Cellular attachment and proliferation were evaluated as mitochondrial activity as measured by the MTS assay over the period of 4 weeks. Over the course of the study, both groups of scaffolds supported proliferation of MC3T3-E1 cells, as significant increase in absorbance were observed. Based on the cell numbers as determined by MTS assay, the population of cells doubled after 28 days. However, no differences between mineralized and non-mineralized scaffolds were observed. Similar results were seen in previous work [36, 37] and work published by White et al. [40]. This can be explained by the competing processes of cellular proliferation and differentiation, where one decreases as the other increases [41]. Our results for the expression of OCN protein, shown in Fig. 4, further confirmed this. Scaffolds that have been mineralized show significantly higher levels of secreted OCN protein, a non-collagenous protein found in bone and expressed by differentiated osteoblasts. By the end of study, OCN expression on mineralized scaffolds was almost two-fold higher than non-mineralized scaffolds. This finding is consistent with previously reported results [40, 42].

At the end of each week, scaffolds were fixed and stained with alizarin red to visualize the mineral deposition on the scaffolds (Fig. 5). Over the course of the cell study, non-mineralized scaffolds became mineralized, especially around osteon channels. Mineralized scaffolds had much more mineral to start with, but over the course of the study displayed an increase in mineral in certain areas, namely edges and osteon channels. This shows that cells on site mineralized the matrix, which was previously observed in our work [36] and supported by other researchers [40].

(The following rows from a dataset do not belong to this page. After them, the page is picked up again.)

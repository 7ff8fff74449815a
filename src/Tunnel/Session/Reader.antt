-- ===== src/Tunnel/Session/Reader.antt =====
-- internal/tunnel/session.go: `readLoop`, `dispatch`, `openStream`, `streamError`, and the session's
-- histories.
use tuzy.Shared.{
  same_bytes, ℕ, Bool, true, false, ◌&&◌, ◌||◌, not, Option, none, some, List, [], ◌∷◌, leb, ◌==◌,
  if◌then◌else◌, length,
}
use text.Mathlib.Text.{◌==◌ as str_eq}
use tuzy.Protocol.{
  Bytes, FrameType, Frame, Result, ok, err, malformed, stream_error, Violation, message_too_big,
  invalid_utf8, req_head, req_body, req_end, window, goaway, reset, ws_text, ws_binary, ws_close,
  ack,
}
use tuzy.Protocol.Decode.{decode}
use tuzy.Tunnel.Flow.{Credit, add}
use tuzy.Tunnel.Calls.{Call, reset_frame, protocol_error, CloseMsg}
use tuzy.Tunnel.CloseReason.{ascii_bytes}
use tuzy.Tunnel.Http.{new_http_stream, http_on_frame}
use tuzy.Tunnel.Ws.{new_ws_stream, ws_on_frame, local_close}
use tuzy.Tunnel.Session.{
  ReqHead, Goaway, Json, Stream, http, ws, Cause, read_failed, unexpected_text, bad_frame, stale_id,
  window_overflow, bad_goaway, unexpected_frame, Session, send_ctrl, grant_conn, find_stream,
  put_object, after_step,
}

-- The end of a handler of the reader: it goes on, or the session ends with a cause.
pub data Handled : Type 0 where
  goes_on : Session → Handled
  fails : Cause → Session → Handled

-- `head.Method == "" || (head.Kind != "http" && head.Kind != "ws")`
abbrev pub bad_head : ReqHead → Bool
bad_head head =
    str_eq head.method "" || not (str_eq head.kind "http") && not (str_eq head.kind "ws")

new_stream : ReqHead → Stream
new_stream head = if str_eq head.kind "ws" then ws new_ws_stream else http new_http_stream

refuse_head : ℕ → Session → Session
refuse_head id s = send_ctrl (reset_frame id protocol_error) s

start_stream : ℕ → ReqHead → Session → Session
start_stream id head s = record s {
  handlers = record { id = id; listed = true; stream = new_stream head } ∷ s.handlers;
}

-- `openStream` on the id of a new stream.
unfoldable pub open_fresh : ℕ → Option ReqHead → Session → Handled
unfolding new_stream refuse_head start_stream
open_fresh id none s = goes_on (refuse_head id s)
open_fresh id (some head) s =
    if bad_head head then goes_on (refuse_head id s) else goes_on (start_stream id head s)

-- `openStream`
unfoldable pub open_stream : Json → Frame → Session → Handled
open_stream js f s =
    if leb f.stream_id s.max_seen
    then fails stale_id s
    else open_fresh f.stream_id (js.req_head_of f.payload) (record s { max_seen = f.stream_id })

-- `h.onFrame(f)` of either kind of handler.
unfoldable pub stream_on_frame : Json → ℕ → Stream → Frame → Option (Stream × List Call)
stream_on_frame js id (http h) f = elim (http_on_frame id h f) [
  | none ↦ none
  | some (h', cs) ↦ some (http h', cs)
]
stream_on_frame js id (ws w) f = elim (ws_on_frame js.close_of id w f) [
  | none ↦ none
  | some (w', cs) ↦ some (ws w', cs)
]

abbrev pub handled_frame : ℕ → Session → Option (Stream × List Call) → Handled
handled_frame id s none = fails window_overflow s
handled_frame id s (some r) = goes_on (after_step id r s)

abbrev pub is_req_body : FrameType → Bool
is_req_body req_body = true
is_req_body _ = false

-- The end of `dispatch`: the frame goes to its stream; without one it is dropped, and the credit of a
-- body is returned.
abbrev pub deliver_to : Json → Frame → Session → Option Stream → Handled
deliver_to js f s none = goes_on (if is_req_body f.type then grant_conn (length f.payload) s else s)
deliver_to js f s (some st) = handled_frame f.stream_id s (stream_on_frame js f.stream_id st f)

unfoldable pub deliver : Json → Frame → Session → Handled
deliver js f s = deliver_to js f s (find_stream f.stream_id s.handlers)

-- `s.connCredit.add`
abbrev pub add_conn : Session → Option Credit → Handled
add_conn s none = fails window_overflow s
add_conn s (some c) = goes_on (record s { conn_credit = c })

abbrev pub set_goaway : Session → Option Goaway → Handled
set_goaway s none = fails bad_goaway s
set_goaway s (some g) = goes_on (record s { goaway_msg = some g })

-- The switch of `dispatch`.
abbrev pub dispatch_as : FrameType → Json → Frame → Session → Handled
dispatch_as req_head js f s = open_stream js f s
dispatch_as window js f s =
    if f.stream_id == 0 then add_conn s (add s.conn_credit f.value) else deliver js f s
dispatch_as goaway js f s = set_goaway s (js.goaway_of f.payload)
dispatch_as req_body js f s = deliver js f s
dispatch_as req_end js f s = deliver js f s
dispatch_as reset js f s = deliver js f s
dispatch_as ws_text js f s = deliver js f s
dispatch_as ws_binary js f s = deliver js f s
dispatch_as ws_close js f s = deliver js f s
dispatch_as ack js f s = deliver js f s
dispatch_as t js f s = fails (unexpected_frame t) s

-- `dispatch`
unfoldable pub dispatch : Json → Frame → Session → Handled
dispatch js f s = dispatch_as f.type js f s

-- `s.cancel`: the first cause stands.
abbrev pub first_cause : Option Cause → Cause → Session → Session
first_cause none c s = record s { cause = some c }
first_cause (some _) c s = s

unfoldable pub cancel : Cause → Session → Session
cancel c s = first_cause s.cause c s

-- The message of a stream error.
abbrev pub error_text : Violation → Bytes
error_text message_too_big = ascii_bytes "ws message too big"
error_text invalid_utf8 = ascii_bytes "ws text is not valid UTF-8"
error_text _ = []

-- `streamError`, with the handler in the map.
abbrev pub stream_error_on : ℕ → ℕ → Violation → Session → Option Stream → Session
stream_error_on id close_code v s (some (ws w)) =
    let c : CloseMsg = record { code = close_code; reason = error_text v } in
    record s { handlers = put_object id (ws (local_close w c)) s.handlers }
stream_error_on id close_code v s _ = s

unfoldable pub on_stream_error : ℕ → ℕ → Violation → Session → Session
on_stream_error id close_code v s = stream_error_on id close_code v s (find_stream id s.handlers)

-- What `s.conn.Read` gives.
pub data Message : Type 0 where
  text_message binary_message : Bytes → Message
  broken : Message

abbrev pub settled : Handled → Session
settled (goes_on s) = s
settled (fails c s) = cancel c s

-- What `readLoop` does with a frame, or with an error of `Decode`.
unfoldable pub on_decoded : Json → Result Frame → Session → Session
on_decoded js (ok f) s = settled (dispatch js f s)
on_decoded js (err (stream_error id close_code v)) s = on_stream_error id close_code v s
on_decoded js (err (malformed v)) s = cancel (bad_frame v) s

-- One round of `readLoop`.
unfoldable pub read_message : Json → Message → Session → Session
read_message js broken s = cancel read_failed s
read_message js (text_message b) s =
    if same_bytes b (ascii_bytes "tuzy-pong") then s else cancel unexpected_text s
read_message js (binary_message b) s = on_decoded js (decode js.codecs b) s
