-- ===== src/Tunnel/Session/Steps.antt =====
-- internal/tunnel/session.go: `removeStream`, the end of `run`, and the session's histories: messages
-- read and steps of the streams' goroutines, in any order.
use tuzy.Shared.{
  ◌+◌, ◌-◌, ℕ, Bool, true, false, Option, none, some, List, [], ◌∷◌, ◌==◌, if◌then◌else◌,
}
use tuzy.Tunnel.Calls.{Call}
use tuzy.Tunnel.Http.{Written, feed_step}
use tuzy.Tunnel.Ws.Pumps.{LocalRead, edge_step, local_step}
use tuzy.Tunnel.Session.{
  Json, Stream, http, ws, Handler, Cause, Session, live, flush_conn, find_object, put_object,
  unlist, after_step,
}
use tuzy.Tunnel.Session.Reader.{Message, read_message}

-- `removeStream` under the lock of the map. `flushing` counts the goroutines that found the map empty and are to
-- flush, once they have left that lock.
unfoldable pub remove_stream : ℕ → Session → Session
remove_stream id s =
    let s' : Session = record s { handlers = unlist id s.handlers } in
    if live s'.handlers == 0 then record s' { flushing = s'.flushing + 1 } else s'

-- The `flushConn` of such a goroutine.
unfoldable pub flush_idle : Session → Session
flush_idle s = if s.flushing == 0 then s else flush_conn (record s { flushing = s.flushing - 1 })

-- The `cancel` of a stream.
unfoldable pub cancel_stream : Stream → Stream
cancel_stream (http h) = http (record h { cancelled = true })
cancel_stream (ws w) = ws (record w { cancelled = true })

-- The deferred calls when the stream's `run` returns.
abbrev pub end_object : ℕ → Session → Option Stream → Session
end_object id s none = s
end_object id s (some st) =
    remove_stream id (record s { handlers = put_object id (cancel_stream st) s.handlers })

unfoldable pub end_stream : ℕ → Session → Session
end_stream id s = end_object id s (find_object id s.handlers)

-- The end of the session's `run`: the map is emptied and every handler aborted.
unfoldable pub abort_all : List Handler → List Handler
abort_all [] = []
abort_all (h ∷ hs) =
    (if h.listed then record h { listed = false; stream = cancel_stream h.stream } else h)
    ∷ abort_all hs

-- What a goroutine of a stream does next.
pub data Go : Type 0 where
  feeds : Written → Go
  pumps_edge : Bool → Go
  pumps_local : LocalRead → Go

-- A stream has the goroutines of its kind.
unfoldable pub stream_goes : ℕ → Stream → Go → Stream × List Call
stream_goes id (http h) (feeds w) = let (h', cs) = feed_step id h w in (http h', cs)
stream_goes id (ws w) (pumps_edge written) = let (w', cs) = edge_step id w written in (ws w', cs)
stream_goes id (ws w) (pumps_local r) = let (w', cs) = local_step id w r in (ws w', cs)
stream_goes id st _ = (st, [])

pub data Event : Type 0 where
  reads : Message → Event
  goes : ℕ → Go → Event
  ends : ℕ → Event
  flushes_idle aborts : Event

abbrev pub goes_object : ℕ → Go → Session → Option Stream → Session
goes_object id g s none = s
goes_object id g s (some st) = after_step id (stream_goes id st g) s

-- `readLoop` stands still once it has ended the session.
abbrev pub while_live {ℓ} : {A : Type ℓ} → Option Cause → A → A → A
while_live none stopped live' = live'
while_live (some _) stopped live' = stopped

unfoldable pub step : Json → Session → Event → Session
step js s (reads m) = while_live s.cause s (read_message js m s)
step js s (goes id g) = goes_object id g s (find_object id s.handlers)
step js s (ends id) = end_stream id s
step js s flushes_idle = flush_idle s
step js s aborts = record s { handlers = abort_all s.handlers }

unfoldable pub run : Json → Session → List Event → Session
run js s [] = s
run js s (e ∷ es) = run js (step js s e) es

Lack of cells on the center regions could be explained by the loss of microfiber morphologies due to cryostat sectioning of the scaffolds. As the cutting is performed at −20 °C, it can result in plastic deformation of fibers. Loss of microfiber morphology can be seen on SEM of cryostat sectioned scaffolds (Fig. 6). So, the insides of the osteon channels and outside edges could be the only regions there electrospun fiber morphology was preserved. However, we do not foresee this being a problem in the future, as these scaffolds were only sectioned for the purposes of this study.

Fig. 6
figure 6

SEM image of scaffolds sectioned using cryostat where fiber melting is visible on the surface

Conclusion

In this study, we successfully fabricated a complete three-dimensional electrospun scaffold which mimics the highly packed osteonal structure of the native cortical bone and porous architecture of the native trabecular bone. Our dual structure scaffold was composed of an inner core of tightly wrapped electrospun sheets surrounded by osteon-like scaffolds. Scaffolds were successfully mineralized in 10× SBF up to 48 h and showed uniform mineral distribution throughout the scaffolds. Mineralization for 24 h significantly increased mechanical properties of the scaffolds in both yield stress and compressive modulus under physiological conditions, in comparison to the lower mineralization times. Both the non-mineralized and mineralized scaffold supported mouse pre-osteoblastic cellular attachment and proliferation over 28 days in vitro. Additionally, scaffolds mineralized for 24 h promoted osteoblastic differentiation and mineral deposition. Based on the in vitro work presented, we expect the scaffold to perform efficiently in vivo with enhanced mechanics and cellular response due to the biochemical and mechanical influences from the surrounding microenvironment. Current ongoing work focuses on the development of an endothelial lumen within the cortical channel and simultaneous differentiation of human mesenchymal stem cells (hMSCs) along the osteoblastic and angiogeneic lineage for long-term graft mechanics and viability in vivo. Preliminary results conclude the ability of the tissue-engineered scaffold mentioned in this work to promote early stages of 2D angiogenic tube formation in vitro. The results of this study demonstrate the ability to fabricate a structural relevant tissue-engineered scaffold as an alternative to the current bone grafting treatments.